In re Cerda

RAYFIEL, District Judge.

Corn Exchange Bank and Trust Company, hereinafter called the “Bank”, is a creditor of the above-named bankrupts, as individuals, in the aggregate amount of $533.37, plus interest, the said indebtedness being secured by two chattel mortgages, each executed by one of the bankrupts.

One of the mortgages was dated on or about November 12,1952, the other on or about November 25, 1952, and both were filed in the office of the Register of the City of New York, Queens County, on March 9, 1953.

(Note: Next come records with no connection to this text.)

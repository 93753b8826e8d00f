-- ===== src/Contracts/Feedback/Grounded.antt =====
-- The validators of contracts/v1/feedback.py accept exactly the feedback that is grounded in the
-- detection result that it embeds.
use loyiha.Base.{
  ◌≡◌, refl, sym, ◌↔◌, inl, inr, false, not, List, [], ◌∷◌, arith, All, In, IsDistinct, IsFresh,
  IsFresh-cons, IsFresh-nil, ◌∙◌, ok, >>_iff, raise_if_iff, contains-false, false-contains, ℕ_eq,
  dedup, ◌==◌, map, String, str_eq, eq_iff, Bool-cases, Option-cases,
}
use loyiha.Contracts.Common.{Uuid, ImageFrame}
use loyiha.Contracts.Detection.{
  detection_ids, frame_ids, frame_by_id, frame_check, unknown_missed_frame, missed_exceeds_frame,
}
use loyiha.Contracts.Detection.Frames.{IsPlaced, frame_check_iff, frame_by_id-In, In-frame_ids}
use loyiha.Contracts.Verdict.Integrity.{known_test}
use loyiha.Contracts.Detection.Consistency.{IsConsistent}
use loyiha.Contracts.Feedback.{
  DetectionReview, reclassified, OperatorAnnotation, OperatorFeedback, category_matches_judgement,
  frames_by_id, check_reviews, check_missed, check_feedback, is_none,
}

abbrev pub review_ids : List DetectionReview → List Uuid
review_ids = map (λ r. r.detection_id)

-- What a consumer may rely on after the validator has run.
pub record IsGrounded (f : OperatorFeedback) : Type 0 where
  pub same_scan : f.detection.scan_id ≡ f.scan_id
  pub known : All (λ r. In r.detection_id (detection_ids f.detection.detections)) f.reviews
  pub once : IsDistinct (review_ids f.reviews)
  pub placed : All (λ m. IsPlaced f.detection.frames m.frame_id m.box) f.missed

-- A review carries a corrected category exactly when it is a reclassification.
pub category_matches_judgement_iff :
    (r : DetectionReview)
    → (category_matches_judgement r ≡ ok tt)
      ↔ ((r.judgement ≡ reclassified) ↔ (is_none r.corrected_category ≡ false))
unfolding category_matches_judgement
category_matches_judgement_iff r = (λ h. ground (arith, h), λ h. ground (arith, h))

-- With distinct frame ids the dict of frames and the search for the first frame agree.
frames_by_id-frame_by_id :
    (frames : List ImageFrame) (i : String)
    → IsDistinct (frame_ids frames)
    → frames_by_id frames i ≡ frame_by_id frames i
unfolding frames_by_id frame_by_id
frames_by_id-frame_by_id [] i d = refl
frames_by_id-frame_by_id (f ∷ fs) i d = elim (Bool-cases (str_eq f.frame_id i)) [
  | inl p ↦ elim (Option-cases (frames_by_id fs i)) [
    | inl q ↦ ground (arith, p, q)
    | inr (g, q) ↦
        let (listed, named) = frame_by_id-In fs i (sym (frames_by_id-frame_by_id fs i d.1) ∙ q) in
        absurd (d.0 (rw ((eq_iff f.frame_id i).0 p ∙ sym named) (In-frame_ids fs g listed)))
  ]
  | inr p ↦ rw p (ground (arith, frames_by_id-frame_by_id fs i d.1))
]

record Loop (ids seen : List Uuid) (rs : List DetectionReview) : Type 0 where
  known : All (λ r. In r.detection_id ids) rs
  fresh : IsFresh seen (review_ids rs)
  distinct : IsDistinct (review_ids rs)

check_reviews_iff :
    (ids seen : List Uuid) (rs : List DetectionReview)
    → (check_reviews (dedup ids) seen rs ≡ ok tt) ↔ Loop ids seen rs
unfolding check_reviews
check_reviews_iff ids seen [] = (λ h. record { known = tt; fresh = tt; distinct = tt }, λ h. refl)
check_reviews_iff ids seen (r ∷ rs) =
    let ih = check_reviews_iff ids (r.detection_id ∷ seen) rs in
    let split = IsFresh-cons r.detection_id seen (review_ids rs) in
    (
      λ h.
          let (a, h₁) = (>>_iff _ _ tt).0 h in
          let (b, c) = (>>_iff _ _ tt).0 h₁ in
          let w = ih.0 c in
          record {
            known = ((known_test ids r.detection_id).0 ((raise_if_iff _ _).0 a), w.known);
            fresh =
                (contains-false seen r.detection_id ((raise_if_iff _ _).0 b), (split.0 w.fresh).0);
            distinct = ((split.0 w.fresh).1, w.distinct);
          },
      λ w. (>>_iff _ _ tt).1 (
        (raise_if_iff _ _).1 ((known_test ids r.detection_id).1 w.known.0),
        (>>_iff _ _ tt).1 (
          (raise_if_iff _ _).1 (false-contains seen r.detection_id w.fresh.0),
          ih.1 (record {
            known = w.known.1;
            fresh = split.1 (w.fresh.1, w.distinct.0);
            distinct = w.distinct.1;
          }),
        ),
      ),
    )

check_missed_iff :
    (frames : List ImageFrame) (ms : List OperatorAnnotation)
    → IsDistinct (frame_ids frames)
    → (check_missed frames ms ≡ ok tt) ↔ All (λ m. IsPlaced frames m.frame_id m.box) ms
unfolding check_missed
check_missed_iff frames [] u = (λ h. tt, λ h. refl)
check_missed_iff frames (m ∷ ms) u =
    let one = frame_check_iff frames m.frame_id m.box unknown_missed_frame missed_exceeds_frame u in
    let found =
      frame_check (frames_by_id frames m.frame_id) m.box unknown_missed_frame
        missed_exceeds_frame in
    let lookup = frames_by_id-frame_by_id frames m.frame_id u in
    let ih = check_missed_iff frames ms u in
    (
      λ h.
          let (a, b) = (>>_iff found (check_missed frames ms) tt).0 h in
          (one.0 (rw lookup at a), ih.0 b),
      λ w. (>>_iff _ _ tt).1 (rw lookup (one.1 w.0), ih.1 w.1),
    )

-- Given a consistent embedded result, `_check_consistency` accepts the feedback exactly when the
-- result is about the same scan, each review is of one of its detections, no detection is reviewed
-- twice, and every missed region lies inside one of its frames.
pub check_feedback_iff :
    (f : OperatorFeedback) → IsConsistent f.detection → (check_feedback f ≡ ok tt) ↔ IsGrounded f
unfolding check_feedback
check_feedback_iff f c = (
  λ h.
      let (a, h₁) = (>>_iff _ _ tt).0 h in
      let (b, d) = (>>_iff _ _ tt).0 h₁ in
      let w = (check_reviews_iff (detection_ids f.detection.detections) [] f.reviews).0 b in
      record {
        same_scan = same_scan_iff.0 ((raise_if_iff _ _).0 a);
        known = w.known;
        once = w.distinct;
        placed = (check_missed_iff f.detection.frames f.missed c.frames_distinct).0 d;
      },
  λ w. (>>_iff _ _ tt).1 (
    (raise_if_iff _ _).1 (same_scan_iff.1 w.same_scan),
    (>>_iff _ _ tt).1 (
      (check_reviews_iff (detection_ids f.detection.detections) [] f.reviews).1 (record {
        known = w.known;
        fresh = IsFresh-nil (review_ids f.reviews);
        distinct = w.once;
      }),
      (check_missed_iff f.detection.frames f.missed c.frames_distinct).1 w.placed,
    ),
  ),
)
  where
    same_scan_iff :
        (not (f.detection.scan_id == f.scan_id) ≡ false) ↔ (f.detection.scan_id ≡ f.scan_id)
    same_scan_iff = (λ h. ground (arith, h), λ h. ground (arith, h))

The trustee, claiming that the said mortgages were not seasonably filed, moved for an order declaring them null and void as against the trustee, and authorizing him to sell the automobiles covered thereby free and clear of the liens thereof. On December 2, 1953, the Hon.. Sherman D. Warner, Referee in Bankruptcy, made an order granting the relief sought by the trustee, and thereafter the said automobiles were sold with the proviso that the liens of the “Bank”, if any, would attach to the proceeds of the sale.

The “Bank” petitioned for the review of the said orders, claiming that no creditors’ claims had accrued in the period during which said chattel mortgages remained unfiled, and that the liens thereof were good as against all creditors whose claims accrued after the filing thereof.

At a hearing on the petition for review the attorney for the trustee stated that the claim filed by one of the creditors had accrued between the dates of delivery and filing of said chattel mortgages and counsel for the “Bank” agreed that if that were so the decision of the Referee was not in error. See Zamore v. Goldblatt, 2 Cir., 194 F.2d 933.

Accordingly, the matter is referred to Referee Warner to take testimony as to whether any claim or claims of creditors of the bankrupt accrued between the dates and the date of filing of the said chattel mortgages.